Album review: The Black Keys – Turn Blue

The Ohio duo's chart-topping new album is their most musically accomplished.
The Ohio duo Dan Auerbach, front, and Patrick Carney of The Black Keys. Danny Clinch
The Ohio duo Dan Auerbach, front, and Patrick Carney of The Black Keys. Danny Clinch

The Black Keys

Turn Blue


Three stars

After releasing a slew of smoking-hot blues albums, Dan Auerbach and Patrick Carney, known as The Black Keys, acknowledged the need to expand their sound.

Collaborating with the producer Danger Mouse from their fifth album, 2008’s Attack & Release, each subsequent offering saw the Ohio duo strive for a grander sound.

The gambit paid off: 2011’s smash hit El Camino was undoubtedly a bullseye, as it perfectly synthesised The Black Keys’ hard-nosed blues approach with new-found stadium-ready choruses.

In their new album, Turn Blue, the duo have foregone El Camino’s hookiness, but use its creatively liberating spirit as the foundation.

Once again helmed by Danger Mouse, the eighth album is a swirling trip that caresses the ear as opposed to shaking the hips.

The near-seven-minute opener Weight of Love is a case in point; it tastefully unfolds from an acoustic intro, then is layered steadily with nocturnal keyboards, sighing guitars and the first of many choruses featuring backing vocals by a choir of female gospel singers.

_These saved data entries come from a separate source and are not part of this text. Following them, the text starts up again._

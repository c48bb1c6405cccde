-- ===== src/Bank/Paper.antt =====
-- domain/services/question_bank.py: the papers that `assemble_interview_questions` may give, whatever
-- the random source draws.
use mathlib.Core.List.{Perm, append_assoc, append-nil}
use interview_agent_py.Prelude.{
  ℕ, zero, suc, ◌+◌, ◌≤◌, ◌<◌, ◌≡◌, ◌⊎◌, refl, ap, sym, ◌∙◌, subst, List, [], ◌∷◌, ◌++◌, inl, inr,
  Bool-cases, Bool, true, ltb, length, take, drop, filter, length-take, length-append,
  take-append-drop, arith,
}
use interview_agent_py.Prelude.Permutations.{all, all-Perm, length-Perm}
use interview_agent_py.Errors.{Result, ok, raise, interview_question_insufficient, ◌>>=◌}
use interview_agent_py.Interview.{InterviewQuestion}
use interview_agent_py.Bank.{
  Random, QuestionBankFollowUp, QuestionCandidate, has_follow_ups, main_question,
  follow_up_question, append_follow_ups, append_questions, assemble_interview_questions,
}
use interview_agent_py.Bank.Picked.{Drawn, pick_follow_ups-Drawn}

-- The follow-ups of the main question `main`, numbered from `index`.
unfoldable pub numbered_follow_ups :
    ℕ → ℕ → QuestionCandidate → List QuestionBankFollowUp → List InterviewQuestion
numbered_follow_ups index main c [] = []
numbered_follow_ups index main c (f ∷ fs) =
    follow_up_question index main c f ∷ numbered_follow_ups (suc index) main c fs

-- The questions from place `index` on: for each chosen candidate its question, then follow-ups drawn
-- from its pool, `count` each.
pub data Paper (count : ℕ) : ℕ → List QuestionCandidate → List InterviewQuestion → Type 0 where
  done : {index : ℕ} → Paper count index [] []
  ask :
      {index : ℕ} {c : QuestionCandidate} {cs : List QuestionCandidate}
      {qs : List InterviewQuestion} (picked : List QuestionBankFollowUp)
      → Drawn c.follow_ups count picked
      → Paper count (suc index + count) cs qs
      → Paper count index
          (c ∷ cs)
          (main_question index c ∷ numbered_follow_ups (suc index) index c picked ++ qs)

append_follow_ups-eq :
    (c : QuestionCandidate) (main : ℕ) (qs : List InterviewQuestion)
    (fs : List QuestionBankFollowUp)
    → append_follow_ups c main qs fs ≡ qs ++ numbered_follow_ups (length qs) main c fs
unfolding append_follow_ups numbered_follow_ups
append_follow_ups-eq c main qs [] = sym (append-nil qs)
append_follow_ups-eq c main qs (f ∷ fs) =
    let q = follow_up_question (length qs) main c f in
    let longer : length (qs ++ q ∷ []) ≡ suc (length qs) =
      omega (arith, length-append qs (q ∷ [])) in
    append_follow_ups-eq c main (qs ++ q ∷ []) fs
    ∙ ap (λ n. (qs ++ q ∷ []) ++ numbered_follow_ups n main c fs) longer
    ∙ append_assoc qs (q ∷ []) (numbered_follow_ups (suc (length qs)) main c fs)

pub length-numbered_follow_ups :
    (index main : ℕ) (c : QuestionCandidate) (fs : List QuestionBankFollowUp)
    → length (numbered_follow_ups index main c fs) ≡ length fs
unfolding numbered_follow_ups
length-numbered_follow_ups index main c [] = refl
length-numbered_follow_ups index main c (f ∷ fs) =
    ap suc (length-numbered_follow_ups (suc index) main c fs)

-- One round of the outer loop appends a candidate's question and follow-ups.
round : ℕ → QuestionCandidate → List QuestionBankFollowUp → List InterviewQuestion
round index c picked = main_question index c ∷ numbered_follow_ups (suc index) index c picked

append-round :
    (qs : List InterviewQuestion) (c : QuestionCandidate) (picked : List QuestionBankFollowUp)
    → append_follow_ups c (length qs) (qs ++ main_question (length qs) c ∷ []) picked
      ≡ qs ++ round (length qs) c picked
unfolding round
append-round qs c picked =
    let m = main_question (length qs) c in
    let longer : length (qs ++ m ∷ []) ≡ suc (length qs) =
      omega (arith, length-append qs (m ∷ [])) in
    append_follow_ups-eq c (length qs) (qs ++ m ∷ []) picked
    ∙ ap (λ n. (qs ++ m ∷ []) ++ numbered_follow_ups n (length qs) c picked) longer
    ∙ append_assoc qs (m ∷ []) (numbered_follow_ups (suc (length qs)) (length qs) c picked)

length-round :
    (index : ℕ) (c : QuestionCandidate) (picked : List QuestionBankFollowUp)
    → length (round index c picked) ≡ suc (length picked)
unfolding round
length-round index c picked = ap suc (length-numbered_follow_ups (suc index) index c picked)

all-filter :
    (p : QuestionCandidate → Bool) (cs : List QuestionCandidate) → all p (filter p cs) ≡ true
unfolding all filter
all-filter p [] = refl
all-filter p (c ∷ cs) = ground (arith, all-filter p cs)

all-take :
    (p : QuestionCandidate → Bool) (n : ℕ) (cs : List QuestionCandidate)
    → all p cs ≡ true
    → all p (take n cs) ≡ true
unfolding all
all-take p zero cs h = refl
all-take p (suc n) [] h = refl
all-take p (suc n) (c ∷ cs) h = ground (arith, all-take p n cs)

-- The two outcomes of a call.
unfoldable pub Assembled : List QuestionCandidate → ℕ → ℕ → Result (List InterviewQuestion) → Type 0
Assembled candidates main_count follow_up_count result =
    let eligible = filter (has_follow_ups follow_up_count) candidates in
    ((length eligible < main_count) × (result ≡ raise interview_question_insufficient))
    ⊎ ((paper : List InterviewQuestion) × (result ≡ ok paper)
        × (chosen : List QuestionCandidate) × (others : List QuestionCandidate) × (length chosen
            ≡ main_count)
        × Perm (chosen ++ others) eligible
        × Paper follow_up_count 0 chosen paper)

module _ (rng : Random) where
  open rng use {State, shuffle, shuffle-Perm}

  append_questions-Paper :
      (count : ℕ) (qs : List InterviewQuestion) (cs : List QuestionCandidate) (s : State)
      → all (has_follow_ups count) cs ≡ true
      → (paper : List InterviewQuestion) × (append_questions rng count qs cs s ≡ ok (qs ++ paper))
        × Paper count (length qs) cs paper
  unfolding append_questions all has_follow_ups round
  append_questions-Paper count qs [] s enough = ([], ap ok (sym (append-nil qs)), done)
  append_questions-Paper count qs (c ∷ cs) s enough =
      let (picked, s', drawn, is_drawn) =
        pick_follow_ups-Drawn rng c.follow_ups count s (ground arith) in
      let qs' = qs ++ round (length qs) c picked in
      let (paper, appended, is_paper) = append_questions-Paper count qs' cs s' (ground arith) in
      let place : length qs' ≡ suc (length qs) + count = omega (
        arith,
        length-append qs (round (length qs) c picked),
        length-round (length qs) c picked,
        is_drawn.0,
      ) in
      (
        round (length qs) c picked ++ paper,
        ap
              (λ r. r >>= λ p.
                append_questions rng count
                  (append_follow_ups c (length qs) (qs ++ main_question (length qs) c ∷ []) p.0) cs
                  p.1)
              drawn
            ∙ ap (λ t. append_questions rng count t cs s') (append-round qs c picked)
            ∙ appended
            ∙ ap ok (append_assoc qs (round (length qs) c picked) paper),
        ask picked is_drawn (subst (λ n. Paper count n cs paper) place is_paper),
      )

  -- If enough candidates have `follow_up_count` follow-ups, the code gives a paper on `main_count`
  -- different ones of them; if not, it raises INTERVIEW_QUESTION_INSUFFICIENT.
  pub assemble_interview_questions-Paper :
      (candidates : List QuestionCandidate) (main_count follow_up_count : ℕ) (s : State)
      → Assembled candidates main_count follow_up_count
          (assemble_interview_questions rng candidates main_count follow_up_count s)
  unfolding assemble_interview_questions Assembled
  assemble_interview_questions-Paper candidates main_count follow_up_count s =
      let eligible = filter (has_follow_ups follow_up_count) candidates in
      elim (Bool-cases (ltb (length eligible) main_count)) [
        | inl few ↦ rw few (inl (ground (arith, few), refl))
        | inr enough ↦
            let enough_are_there : main_count ≤ length eligible = ground arith in
            let shuffled = shuffle eligible s in
            let moved = shuffle-Perm eligible s in
            let chosen = take main_count shuffled.0 in
            let (paper, assembled, is_paper) =
              append_questions-Paper follow_up_count [] chosen shuffled.1 (
                all-take (has_follow_ups follow_up_count) main_count shuffled.0 (
                  all-Perm (has_follow_ups follow_up_count) moved
                  ∙ all-filter (has_follow_ups follow_up_count) candidates)) in
            rw enough (
              inr (
                paper,
                assembled,
                chosen,
                drop main_count shuffled.0,
                omega
                    (arith, length-take main_count shuffled.0, length-Perm moved, enough_are_there),
                rw (take-append-drop main_count shuffled.0) moved,
                is_paper,
              ))
      ]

It’s this emphasis on texture rather than rhythm that makes the album equally compelling and frustrating.

The single Fever, while immaculately produced, should have been a ripper. What was meant to be a disco-stomper ends up lacklustre. Carney’s normally petulant drumming style is strangely subdued, while Auerbach’s guitar, normally the source of the group’s signature grit, is reduced to some staccato riffs. The track lacks the sheer-minded commitment that The Black Keys normally deliver, as if they weren’t convinced of the tune in the first place.

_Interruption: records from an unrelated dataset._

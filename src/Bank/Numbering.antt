-- ===== src/Bank/Numbering.antt =====
-- domain/services/question_bank.py: the numbers of the questions on a paper.
use interview_agent_py.Prelude.{
  ℕ, suc, ◌+◌, ◌*◌, ◌≡◌, refl, ap, sym, ◌∙◌, subst, List, [], ◌∷◌, ◌++◌, length, length-append,
  arith, Option, none, some, inl, inr,
}
use native.Mathlib.Nat.{zero-mul, suc-mul}
use interview_agent_py.Errors.{ok}
use interview_agent_py.Interview.{InterviewQuestion}
use interview_agent_py.Interview.Numbered.{NumberedFrom, Numbered}
use interview_agent_py.Bank.{
  Random, QuestionBankFollowUp, QuestionCandidate, assemble_interview_questions,
}
use interview_agent_py.Bank.Paper.{
  Paper, done, ask, Assembled, numbered_follow_ups, length-numbered_follow_ups,
  assemble_interview_questions-Paper,
}

numbered_follow_ups-NumberedFrom :
    (index main : ℕ) (c : QuestionCandidate) (fs : List QuestionBankFollowUp)
    (qs : List InterviewQuestion)
    → NumberedFrom (index + length fs) (some main) qs
    → NumberedFrom index (some main) (numbered_follow_ups index main c fs ++ qs)
unfolding numbered_follow_ups
numbered_follow_ups-NumberedFrom index main c [] qs rest =
    let e : index + 0 ≡ index = omega arith in subst (λ n. NumberedFrom n (some main) qs) e rest
numbered_follow_ups-NumberedFrom index main c (f ∷ fs) qs rest =
    let e : index + suc (length fs) ≡ suc index + length fs = omega arith in
    (
      refl,
      refl,
      λ _ no. absurd (ground (arith, no)),
      numbered_follow_ups-NumberedFrom (suc index) main c fs qs
          (subst (λ n. NumberedFrom n (some main) qs) e rest),
    )

Paper-NumberedFrom :
    {count index : ℕ} {cs : List QuestionCandidate} {qs : List InterviewQuestion}
    → Paper count index cs qs
    → (main : Option ℕ) → NumberedFrom index main qs
Paper-NumberedFrom done main = tt
Paper-NumberedFrom {count} (ask {index} {c} {cs} {qs} picked drawn rest) main =
    let e : suc index + count ≡ suc index + length picked = omega (arith, drawn.0) in
    (
      refl,
      refl,
      λ no _. absurd (ground (arith, no)),
      numbered_follow_ups-NumberedFrom (suc index) index c picked qs
          (subst (λ n. NumberedFrom n (some index) qs) e (Paper-NumberedFrom rest (some index))),
    )

length-Paper :
    {count index : ℕ} {cs : List QuestionCandidate} {qs : List InterviewQuestion}
    → Paper count index cs qs
    → length qs ≡ length cs * suc count
length-Paper {count} done = sym (zero-mul (suc count))
length-Paper {count} (ask {index} {c} {cs} {qs} picked drawn rest) = omega (
  arith,
  suc-mul (length cs) (suc count),
  length-append (numbered_follow_ups (suc index) index c picked) qs,
  length-numbered_follow_ups (suc index) index c picked,
  drawn.0,
  length-Paper rest,
)

module _ (rng : Random) where
  open rng use {State}

  -- If a call gives an interview, it has `main_count` times one plus `follow_up_count` questions, each
  -- with its place as its index, and each follow-up names the last main question before it.
  pub assemble_interview_questions-Numbered :
      (candidates : List QuestionCandidate) (main_count follow_up_count : ℕ) (s : State)
      {qs : List InterviewQuestion}
      → assemble_interview_questions rng candidates main_count follow_up_count s ≡ ok qs
      → (length qs ≡ main_count * suc follow_up_count) × Numbered qs
  unfolding Assembled Numbered
  assemble_interview_questions-Numbered candidates main_count follow_up_count s {qs} assembled =
      elim (assemble_interview_questions-Paper rng candidates main_count follow_up_count s) [
        | inl (few, refused) ↦ absurd (ground arith)
        | inr (paper, given, chosen, others, count, part, is_paper) ↦
            let same : paper ≡ qs = ground arith in
            (
              subst (λ t. length t ≡ main_count * suc follow_up_count) same
                  (length-Paper is_paper ∙ ap (λ n. n * suc follow_up_count) count),
              subst Numbered same (Paper-NumberedFrom is_paper none),
            )
      ]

The plodding Waiting on Words seems like the boys were so in love with their own psychedelic trip that they forgot to add a hook or two to allow us to also enjoy the ride.

But when the focus returns to the songs, as opposed to the way they sound, Turn Blue becomes arresting. The simmering Year in Review has an aching vocal melody, with Auerbach really putting his heart on his sleeve, while the hazy, piano-led In Our Prime sounds like a sincere John Lennon tribute by Syd Barrett.

The ruminative album ends with the sprightly Gotta Get Away – its euphoric, classic-rock style will surely feature in countless car commercials.

With Turn Blue representing the band’s most technically proficient release, Danger Mouse’s mandate has been fulfilled – and it’s perhaps time to sever that relationship.

After all, the thrill of The Black Keys lies in their primal immediacy. Hopefully, now that they’ve got their “musician’s album” out of the way, the duo can ditch the bells and whistles and get back to basics.